## [Source material]
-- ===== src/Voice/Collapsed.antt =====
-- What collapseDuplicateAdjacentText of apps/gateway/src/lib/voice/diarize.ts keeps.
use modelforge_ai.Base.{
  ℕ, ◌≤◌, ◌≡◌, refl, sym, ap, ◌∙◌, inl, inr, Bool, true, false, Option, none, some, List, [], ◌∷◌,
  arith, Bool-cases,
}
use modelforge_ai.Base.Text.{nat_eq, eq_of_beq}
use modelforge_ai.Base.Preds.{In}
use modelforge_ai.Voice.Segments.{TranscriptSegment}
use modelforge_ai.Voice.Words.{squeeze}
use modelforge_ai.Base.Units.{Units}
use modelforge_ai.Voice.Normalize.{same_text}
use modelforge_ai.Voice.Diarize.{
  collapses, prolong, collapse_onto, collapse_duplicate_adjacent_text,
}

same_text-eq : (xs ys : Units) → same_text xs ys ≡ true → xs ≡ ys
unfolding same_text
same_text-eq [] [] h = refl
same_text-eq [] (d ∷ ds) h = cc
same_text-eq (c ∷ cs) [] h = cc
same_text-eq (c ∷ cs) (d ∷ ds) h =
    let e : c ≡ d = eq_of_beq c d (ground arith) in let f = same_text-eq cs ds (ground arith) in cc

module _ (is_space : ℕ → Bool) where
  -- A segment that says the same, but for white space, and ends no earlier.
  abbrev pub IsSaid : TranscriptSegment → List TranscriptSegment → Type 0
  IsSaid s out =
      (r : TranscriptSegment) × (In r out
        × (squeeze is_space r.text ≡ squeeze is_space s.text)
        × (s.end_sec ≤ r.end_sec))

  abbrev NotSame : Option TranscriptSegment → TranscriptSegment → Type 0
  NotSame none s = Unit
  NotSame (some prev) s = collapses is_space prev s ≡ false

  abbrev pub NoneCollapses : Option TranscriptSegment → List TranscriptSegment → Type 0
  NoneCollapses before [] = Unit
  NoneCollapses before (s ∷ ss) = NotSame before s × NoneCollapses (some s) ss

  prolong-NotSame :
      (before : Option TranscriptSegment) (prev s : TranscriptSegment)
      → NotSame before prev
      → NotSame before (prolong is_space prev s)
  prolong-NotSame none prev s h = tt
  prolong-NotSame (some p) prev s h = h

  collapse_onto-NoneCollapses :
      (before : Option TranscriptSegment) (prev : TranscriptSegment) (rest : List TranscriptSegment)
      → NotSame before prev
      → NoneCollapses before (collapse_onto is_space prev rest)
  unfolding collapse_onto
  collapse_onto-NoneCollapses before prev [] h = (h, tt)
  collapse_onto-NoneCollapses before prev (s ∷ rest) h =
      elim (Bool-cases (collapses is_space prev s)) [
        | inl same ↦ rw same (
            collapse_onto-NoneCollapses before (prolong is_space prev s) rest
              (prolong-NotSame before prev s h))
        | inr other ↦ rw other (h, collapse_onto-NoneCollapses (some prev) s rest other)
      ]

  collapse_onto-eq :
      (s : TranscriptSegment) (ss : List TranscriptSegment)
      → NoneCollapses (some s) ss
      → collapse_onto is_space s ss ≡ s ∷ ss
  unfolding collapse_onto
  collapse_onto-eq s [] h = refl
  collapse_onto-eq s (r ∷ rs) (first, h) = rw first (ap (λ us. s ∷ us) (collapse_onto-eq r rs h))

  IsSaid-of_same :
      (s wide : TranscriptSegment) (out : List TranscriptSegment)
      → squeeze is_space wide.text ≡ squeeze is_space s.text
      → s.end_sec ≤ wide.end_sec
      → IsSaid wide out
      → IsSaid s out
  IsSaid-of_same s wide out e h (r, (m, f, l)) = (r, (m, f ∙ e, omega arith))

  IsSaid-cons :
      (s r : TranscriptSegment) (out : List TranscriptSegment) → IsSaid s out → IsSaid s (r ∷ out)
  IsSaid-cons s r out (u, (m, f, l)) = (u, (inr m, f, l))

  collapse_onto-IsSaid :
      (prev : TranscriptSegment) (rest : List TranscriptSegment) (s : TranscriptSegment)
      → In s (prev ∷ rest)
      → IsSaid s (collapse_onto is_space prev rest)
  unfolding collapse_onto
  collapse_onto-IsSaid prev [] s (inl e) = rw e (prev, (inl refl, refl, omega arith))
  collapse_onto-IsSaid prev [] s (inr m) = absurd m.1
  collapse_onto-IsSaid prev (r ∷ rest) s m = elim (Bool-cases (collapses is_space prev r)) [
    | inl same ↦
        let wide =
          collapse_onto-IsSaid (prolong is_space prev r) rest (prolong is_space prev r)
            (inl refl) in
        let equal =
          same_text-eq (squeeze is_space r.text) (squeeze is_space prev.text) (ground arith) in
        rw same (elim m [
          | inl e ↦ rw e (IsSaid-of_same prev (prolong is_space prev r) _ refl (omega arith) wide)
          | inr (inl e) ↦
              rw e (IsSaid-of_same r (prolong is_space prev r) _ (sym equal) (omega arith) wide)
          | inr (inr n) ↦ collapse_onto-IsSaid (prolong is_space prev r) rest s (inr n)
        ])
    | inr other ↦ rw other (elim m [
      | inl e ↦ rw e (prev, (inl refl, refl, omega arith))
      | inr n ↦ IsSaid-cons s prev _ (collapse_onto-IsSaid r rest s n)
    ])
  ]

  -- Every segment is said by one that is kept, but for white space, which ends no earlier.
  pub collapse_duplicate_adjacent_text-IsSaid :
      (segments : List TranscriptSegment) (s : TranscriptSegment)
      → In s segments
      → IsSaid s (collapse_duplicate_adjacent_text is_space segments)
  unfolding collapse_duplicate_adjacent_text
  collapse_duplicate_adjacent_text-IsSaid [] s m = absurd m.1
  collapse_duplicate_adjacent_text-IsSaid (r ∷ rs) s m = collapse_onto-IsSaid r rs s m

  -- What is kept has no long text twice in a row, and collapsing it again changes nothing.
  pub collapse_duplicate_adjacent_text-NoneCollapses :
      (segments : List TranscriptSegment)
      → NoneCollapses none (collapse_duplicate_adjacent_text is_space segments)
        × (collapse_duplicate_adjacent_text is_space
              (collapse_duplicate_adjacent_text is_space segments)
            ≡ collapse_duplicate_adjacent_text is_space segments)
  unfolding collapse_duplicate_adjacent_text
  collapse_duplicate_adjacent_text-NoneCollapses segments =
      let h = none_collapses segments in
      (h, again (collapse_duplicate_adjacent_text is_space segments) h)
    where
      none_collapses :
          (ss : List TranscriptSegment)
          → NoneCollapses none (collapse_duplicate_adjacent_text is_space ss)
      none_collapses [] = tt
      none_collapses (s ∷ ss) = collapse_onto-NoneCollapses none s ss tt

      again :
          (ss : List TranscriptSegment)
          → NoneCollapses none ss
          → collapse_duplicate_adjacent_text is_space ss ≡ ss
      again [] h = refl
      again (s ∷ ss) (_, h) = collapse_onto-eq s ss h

## [Work to complete]
From top to bottom, reproduce the material exactly.

## [Your solution]
-- ===== src/Voice/Collapsed.antt =====
-- What collapseDuplicateAdjacentText of apps/gateway/src/lib/voice/diarize.ts keeps.
use modelforge_ai.Base.{
  ℕ, ◌≤◌, ◌≡◌, refl, sym, ap, ◌∙◌, inl, inr, Bool, true, false, Option, none, some, List, [], ◌∷◌,
  arith, Bool-cases,
}
use modelforge_ai.Base.Text.{nat_eq, eq_of_beq}
use modelforge_ai.Base.Preds.{In}
use modelforge_ai.Voice.Segments.{TranscriptSegment}
use modelforge_ai.Voice.Words.{squeeze}
use modelforge_ai.Base.Units.{Units}
use modelforge_ai.Voice.Normalize.{same_text}
use modelforge_ai.Voice.Diarize.{
  collapses, prolong, collapse_onto, collapse_duplicate_adjacent_text,
}

same_text-eq : (xs ys : Units) → same_text xs ys ≡ true → xs ≡ ys
unfolding same_text
same_text-eq [] [] h = refl
same_text-eq [] (d ∷ ds) h = cc
same_text-eq (c ∷ cs) [] h = cc
same_text-eq (c ∷ cs) (d ∷ ds) h =
    let e : c ≡ d = eq_of_beq c d (ground arith) in let f = same_text-eq cs ds (ground arith) in cc

module _ (is_space : ℕ → Bool) where
  -- A segment that says the same, but for white space, and ends no earlier.
  abbrev pub IsSaid : TranscriptSegment → List TranscriptSegment → Type 0
  IsSaid s out =
      (r : TranscriptSegment) × (In r out
        × (squeeze is_space r.text ≡ squeeze is_space s.text)
        × (s.end_sec ≤ r.end_sec))

  abbrev NotSame : Option TranscriptSegment → TranscriptSegment → Type 0
  NotSame none s = Unit
  NotSame (some prev) s = collapses is_space prev s ≡ false

  abbrev pub NoneCollapses : Option TranscriptSegment → List TranscriptSegment → Type 0
  NoneCollapses before [] = Unit
  NoneCollapses before (s ∷ ss) = NotSame before s × NoneCollapses (some s) ss

  prolong-NotSame :
      (before : Option TranscriptSegment) (prev s : TranscriptSegment)
      → NotSame before prev
      → NotSame before (prolong is_space prev s)
  prolong-NotSame none prev s h = tt
  prolong-NotSame (some p) prev s h = h

  collapse_onto-NoneCollapses :
      (before : Option TranscriptSegment) (prev : TranscriptSegment) (rest : List TranscriptSegment)
      → NotSame before prev
      → NoneCollapses before (collapse_onto is_space prev rest)
  unfolding collapse_onto
  collapse_onto-NoneCollapses before prev [] h = (h, tt)
  collapse_onto-NoneCollapses before prev (s ∷ rest) h =
      elim (Bool-cases (collapses is_space prev s)) [
        | inl same ↦ rw same (
            collapse_onto-NoneCollapses before (prolong is_space prev s) rest
              (prolong-NotSame before prev s h))
        | inr other ↦ rw other (h, collapse_onto-NoneCollapses (some prev) s rest other)
      ]

  collapse_onto-eq :
      (s : TranscriptSegment) (ss : List TranscriptSegment)
      → NoneCollapses (some s) ss
      → collapse_onto is_space s ss ≡ s ∷ ss
  unfolding collapse_onto
  collapse_onto-eq s [] h = refl
  collapse_onto-eq s (r ∷ rs) (first, h) = rw first (ap (λ us. s ∷ us) (collapse_onto-eq r rs h))

  IsSaid-of_same :
      (s wide : TranscriptSegment) (out : List TranscriptSegment)
      → squeeze is_space wide.text ≡ squeeze is_space s.text
      → s.end_sec ≤ wide.end_sec
      → IsSaid wide out
      → IsSaid s out
  IsSaid-of_same s wide out e h (r, (m, f, l)) = (r, (m, f ∙ e, omega arith))

  IsSaid-cons :
      (s r : TranscriptSegment) (out : List TranscriptSegment) → IsSaid s out → IsSaid s (r ∷ out)
  IsSaid-cons s r out (u, (m, f, l)) = (u, (inr m, f, l))

  collapse_onto-IsSaid :
      (prev : TranscriptSegment) (rest : List TranscriptSegment) (s : TranscriptSegment)
      → In s (prev ∷ rest)
      → IsSaid s (collapse_onto is_space prev rest)
  unfolding collapse_onto
  collapse_onto-IsSaid prev [] s (inl e) = rw e (prev, (inl refl, refl, omega arith))
  collapse_onto-IsSaid prev [] s (inr m) = absurd m.1
  collapse_onto-IsSaid prev (r ∷ rest) s m = elim (Bool-cases (collapses is_space prev r)) [
    | inl same ↦
        let wide =
          collapse_onto-IsSaid (prolong is_space prev r) rest (prolong is_space prev r)
            (inl refl) in
        let equal =
          same_text-eq (squeeze is_space r.text) (squeeze is_space prev.text) (ground arith) in
        rw same (elim m [
          | inl e ↦ rw e (IsSaid-of_same prev (prolong is_space prev r) _ refl (omega arith) wide)
          | inr (inl e) ↦
              rw e (IsSaid-of_same r (prolong is_space prev r) _ (sym equal) (omega arith) wide)
          | inr (inr n) ↦ collapse_onto-IsSaid (prolong is_space prev r) rest s (inr n)
        ])
    | inr other ↦ rw other (elim m [
      | inl e ↦ rw e (prev, (inl refl, refl, omega arith))
      | inr n ↦ IsSaid-cons s prev _ (collapse_onto-IsSaid r rest s n)
    ])
  ]

  -- Every segment is said by one that is kept, but for white space, which ends no earlier.
  pub collapse_duplicate_adjacent_text-IsSaid :
      (segments : List TranscriptSegment) (s : TranscriptSegment)
      → In s segments
      → IsSaid s (collapse_duplicate_adjacent_text is_space segments)
  unfolding collapse_duplicate_adjacent_text
  collapse_duplicate_adjacent_text-IsSaid [] s m = absurd m.1
  collapse_duplicate_adjacent_text-IsSaid (r ∷ rs) s m = collapse_onto-IsSaid r rs s m

  -- What is kept has no long text twice in a row, and collapsing it again changes nothing.
  pub collapse_duplicate_adjacent_text-NoneCollapses :
      (segments : List TranscriptSegment)
      → NoneCollapses none (collapse_duplicate_adjacent_text is_space segments)
        × (collapse_duplicate_adjacent_text is_space
              (collapse_duplicate_adjacent_text is_space segments)
            ≡ collapse_duplicate_adjacent_text is_space segments)
  unfolding collapse_duplicate_adjacent_text
  collapse_duplicate_adjacent_text-NoneCollapses segments =
      let h = none_collapses segments in
      (h, again (collapse_duplicate_adjacent_text is_space segments) h)
    where
      none_collapses :
          (ss : List TranscriptSegment)
          → NoneCollapses none (collapse_duplicate_adjacent_text is_space ss)
      none_collapses [] = tt
      none_collapses (s ∷ ss) = collapse_onto-NoneCollapses none s ss tt

      again :
          (ss : List TranscriptSegment)
          → NoneCollapses none ss
          → collapse_duplicate_adjacent_text is_space ss ≡ ss
      again [] h = refl
      again (s ∷ ss) (_, h) = collapse_onto-eq s ss h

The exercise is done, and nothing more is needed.